I can’t come up with a solution to the problem that occurred while trying to create my own data.frame and do a quantitative analysis (e.g. chisq.test ) on it.
The background is as follows: I summarized the data obtained by me in two hospitals. Both measured the same categorical variable n times. In this case, he often found that health-related bacteria were detected during a certain observation period.
In the table, the summary data is as follows, where% is the percentage of all measurements performed over a period of time.
n Hospital 1 (%) n Hospital 2 (%) Healthcare associated bacteria 829 (59.4) 578 (57.6) Community associated bacteria 473 (33.9) 372 (37.1) Contaminants 94 (6.7) 53 (5.3) Total 1396 (100.0) 1003 (100.0)

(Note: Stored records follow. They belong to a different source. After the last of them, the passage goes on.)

-- ===== src/Tests/Ring.antt =====
-- A ring of two nodes with two virtual nodes each, under a toy hash, and a rebalancer on it.
use Prim.Native.Char.{code}
use mathlib.Core.List.{lookup}
use dfs_go.Common.{
  ℕ, ◌+◌, ◌*◌, ◌%◌, ◌^◌, ◌<◌, ◌≡◌, refl, min, String, [], true, false, string_discrete, ℕ_discrete,
  contains, IsDistinct, All, arith, any_of, any_of-false, length, decimal,
}
use dfs_go.Common.Assoc.{insert}
use dfs_go.Common.Sort.{sort_by, insert_by}
use dfs_go.HashRing.{
  HashRing, has_node, members, add_node, remove_node, vnode_hashes, vnode_label, get_nodes,
  get_primary_node, size, owner,
}
use dfs_go.HashRing.Search.{Clockwise, position}
use dfs_go.HashRing.Valid.{IsValid, IsFresh, on_ring, fresh_hashes, add_node-IsValid}
use dfs_go.HashRing.Leave.{remove-add}
use dfs_go.HashRing.Nodes.{get_nodes_correct, get_primary_node-Clockwise}

abbrev pub toy : String → ℕ
toy String.[] = 7
toy (String.◌∷◌ c s) = (toy s * 31 + code c) % 2 ^ 64

abbrev empty_ring : HashRing
empty_ring = record {
  sorted_hashes = [];
  hash_to_node = [];
  node_to_hashes = [];
  virtual_nodes = 2;
  repl_factor = 2;
}

abbrev one_node : HashRing
one_node = add_node toy empty_ring "a"

abbrev pub two_nodes : HashRing
two_nodes = add_node toy one_node "b"

empty_ring-IsValid : IsValid empty_ring
unfolding members
empty_ring-IsValid = record {
  ordered = tt;
  single = tt;
  owned = λ h on. absurd (unfold contains in ground (arith, on));
  placed = λ a hs h at c. absurd (unfold lookup in ground (arith, at));
  peopled = λ a hs at. absurd (unfold lookup in ground (arith, at));
}

a-IsFresh : IsFresh toy empty_ring "a"
a-IsFresh = λ h m. unfold contains in refl

a_new : has_node empty_ring "a" ≡ false
unfolding has_node lookup
a_new = refl

-- Adding a node to a valid ring.
add_node-IsValid_example : IsValid one_node
add_node-IsValid_example =
    add_node-IsValid toy empty_ring "a" empty_ring-IsValid (λ new. (omega arith, a-IsFresh))

apart : any_of (on_ring one_node) (fresh_hashes toy one_node "b") ≡ false
unfolding any_of contains add_node vnode_hashes vnode_label has_node lookup sort_by insert_by
    decimal ℕ_discrete
apart = refl

b-IsFresh : IsFresh toy one_node "b"
b-IsFresh =
    λ h m. any_of-false ℕ_discrete (on_ring one_node) (fresh_hashes toy one_node "b") h apart m

b_new : has_node one_node "b" ≡ false
unfolding has_node lookup add_node insert string_discrete
b_new = refl

some_vnodes : 0 < one_node.virtual_nodes
unfolding add_node has_node lookup
some_vnodes = omega arith

pub two_nodes-IsValid : IsValid two_nodes
two_nodes-IsValid =
    add_node-IsValid toy one_node "b" add_node-IsValid_example (λ new. (some_vnodes, b-IsFresh))

remove-add_example :
    ((remove_node (add_node toy one_node "b") "b").sorted_hashes ≡ one_node.sorted_hashes)
    × ((h : ℕ)
        → on_ring one_node h ≡ true
        → lookup ℕ_discrete h (remove_node (add_node toy one_node "b") "b").hash_to_node
          ≡ lookup ℕ_discrete h one_node.hash_to_node)
    × ((a : String)
        → lookup string_discrete a (remove_node (add_node toy one_node "b") "b").node_to_hashes
          ≡ lookup string_discrete a one_node.node_to_hashes)
remove-add_example = remove-add toy one_node "b" add_node-IsValid_example b_new b-IsFresh

get_nodes_correct_example :
    IsDistinct string_discrete (get_nodes toy two_nodes "k" 3)
    × All (λ a. has_node two_nodes a ≡ true) (get_nodes toy two_nodes "k" 3)
    × (length (get_nodes toy two_nodes "k" 3) ≡ min 3 (size two_nodes))
get_nodes_correct_example = get_nodes_correct toy two_nodes "k" 3 two_nodes-IsValid

some_member : 0 < size two_nodes
unfolding size members has_node lookup add_node insert string_discrete
some_member = omega arith

get_primary_node-Clockwise_example :
    (start : ℕ) × Clockwise two_nodes (toy "k") start
    × (get_primary_node toy two_nodes "k"
        ≡ owner two_nodes (position two_nodes.sorted_hashes start))
get_primary_node-Clockwise_example =
    get_primary_node-Clockwise toy two_nodes "k" two_nodes-IsValid some_member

Now, looking at the percentages, it is obvious that the proportions are very similar, and you may wonder why on earth I want to statistically compare two hospitals. But I have other data where the proportions are different, so the purpose of this question:
How to compare hospital 1 with hospital 2 in terms of measured categories.
Since the data is presented in a generalized form and in an array format, I decided to make data.frame for each of the single variables / categories.

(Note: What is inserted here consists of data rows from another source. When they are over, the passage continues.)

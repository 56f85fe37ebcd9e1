-- ===== src/Tests/Copies.antt =====
-- A rebalancer on a ring of two nodes, both responsible for every key.
use mathlib.Core.List.{Mem, lookup}
use dfs_go.Common.{
  ◌≤◌, ◌≡◌, refl, String, List, [], ◌∷◌, ◌++◌, true, false, Bool, Option, some, none, All, arith,
  string_discrete, test,
}
use dfs_go.HashRing.{size, members, add_node, has_node}
use dfs_go.Common.Assoc.{insert}
use dfs_go.Rebalance.{Wiring, Sent, file, manifest, Rebalancer, migrate_to_new_node, rereplicate}
use dfs_go.Rebalance.Sends.{IsDue, IsCopy, rereplicate_idle, migrate_exact}
use dfs_go.Tests.Ring.{toy, two_nodes, two_nodes-IsValid}

abbrev wiring : Wiring String
wiring = record {
  stored_keys = some ("k" ∷ "l" ∷ []);
  read_file = λ key. some key;
  send_file = λ target key text. true;
  read_manifest = none;
  send_manifest = none;
  should_skip = none;
  has_prefix = λ key prefix. false;
  trim_prefix = λ key prefix. key;
}

abbrev node_a : Rebalancer String
node_a = record {
  self_addr = "a";
  ring = two_nodes;
  wiring = wiring;
  in_progress = false;
  sent = [];
}

enough : two_nodes.repl_factor ≤ size two_nodes
unfolding size members has_node lookup add_node insert string_discrete
enough = omega arith

rereplicate_idle_example : (rereplicate toy node_a "c").sent ≡ []
rereplicate_idle_example = rereplicate_idle toy node_a "c" two_nodes-IsValid enough

-- a node that also holds a manifest
abbrev manifest_io : Wiring String
manifest_io = record wiring {
  stored_keys = some ("k" ∷ "manifest:l" ∷ []);
  read_manifest = some (λ key. some key);
  send_manifest = some (λ target key text. true);
  has_prefix = λ key prefix. test (string_discrete key "manifest:l");
  trim_prefix = λ key prefix. "l";
}

abbrev holder : Rebalancer String
holder = record node_a { wiring = manifest_io }

migrate_exact_example :
    (sends : List (Sent String)) × ((migrate_to_new_node toy holder "b").sent ≡ [] ++ sends)
    × All (IsCopy toy holder "b") sends
    × ((key : String) (text : String)
        → IsDue toy holder "b" key
        → manifest_io.has_prefix key "manifest:" ≡ false
        → manifest_io.read_file key ≡ some text
        → Mem (file "b" key text) sends)
    × ((key : String) (text : String) (read : String → Option String)
          (send : String → String → String → Bool)
        → IsDue toy holder "b" key
        → manifest_io.has_prefix key "manifest:" ≡ true
        → manifest_io.read_manifest ≡ some read
        → manifest_io.send_manifest ≡ some send
        → read (manifest_io.trim_prefix key "manifest:") ≡ some text
        → Mem (manifest "b" (manifest_io.trim_prefix key "manifest:") text) sends)
migrate_exact_example = migrate_exact toy holder "b" refl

hosp1 <- rep(c("Yes", "No"), times=c(829,567)) hosp2 <- rep(c("Yes", "No"), times=c(578,425)) all <- cbind(hosp1, c(hosp2,rep(NA, length(hosp1)-length(hosp2)))) all <- data.frame(all) names(all)[2]<-"hosp2" summary(all)
So far so good, because the summary seems to look right to be able to run chisq.test() . But now everything is strange.
with(all, chisq.test(hosp1, hosp2, correct=F)) Pearson Chi-squared test data: hosp1 and hosp2 X-squared = 286.3087, df = 1, p-value < 2.2e-16
The results seem to indicate a significant difference. If you cross-tune the data, you will see that R summarizes it in a very strange way:
with(all, table(hosp1, hosp2)) No Yes No 174 0 Yes 251 578
So, of course, if the data are summed in this way, there will be a statistically significant conclusion - because one category is summed up as having no dimensions. Why is this happening and what can I do to fix it? Finally, instead of making a separate data.frame for each category, is there any obvious function to cycle it? I can’t come up with this.
Thanks for your help!
UPDATED ON THE BASIS OF THE TELERO PROBLEM FOR RAW DATA.FRAME
dput(SO_Example_v1) structure(list(Type = structure(c(3L, 1L, 2L), .Label = c("Community", "Contaminant", "Healthcare"), class = "factor"), hosp1_WoundAssocType = c(464L, 285L, 24L), hosp1_BloodAssocType = c(73L, 40L, 26L), hosp1_UrineAssocType = c(75L, 37L, 18L), hosp1_RespAssocType = c(137L, 77L, 2L), hosp1_CathAssocType = c(80L, 34L, 24L), hosp2_WoundAssocType = c(171L, 115L, 17L), hosp2_BloodAssocType = c(127L, 62L, 12L), hosp2_UrineAssocType = c(50L, 29L, 6L), hosp2_RespAssocType = c(135L, 142L, 6L), hosp2_CathAssocType = c(95L, 24L, 12L)), .Names = c("Type", "hosp1_WoundAssocType", "hosp1_BloodAssocType", "hosp1_UrineAssocType", "hosp1_RespAssocType", "hosp1_CathAssocType", "hosp2_WoundAssocType", "hosp2_BloodAssocType", "hosp2_UrineAssocType", "hosp2_RespAssocType", "hosp2_CathAssocType"), class = "data.frame", row.names = c(NA, -3L))
Explanation: This data.frame is actually more complex than what is summarized in the table above, since it also contains specific types of bacteria where it is cultivated (for example, in wounds, blood cultures, catheters, etc.) . So the table that I create looks like this:
All locations n Hospital 1 (%) n Hospital 2 (%) p-val Healthcare associated bacteria 829 (59.4) 578 (57.6) 0.39 Community associated bacteria 473 (33.9) 372 (37.1) ... Contaminants 94 (6.7) 53 (5.3) ... Total 1396 (100.0) 1003 (100.0) -
If the heading “All Locations” is subsequently replaced by a wound, blood, urine, catheter, etc.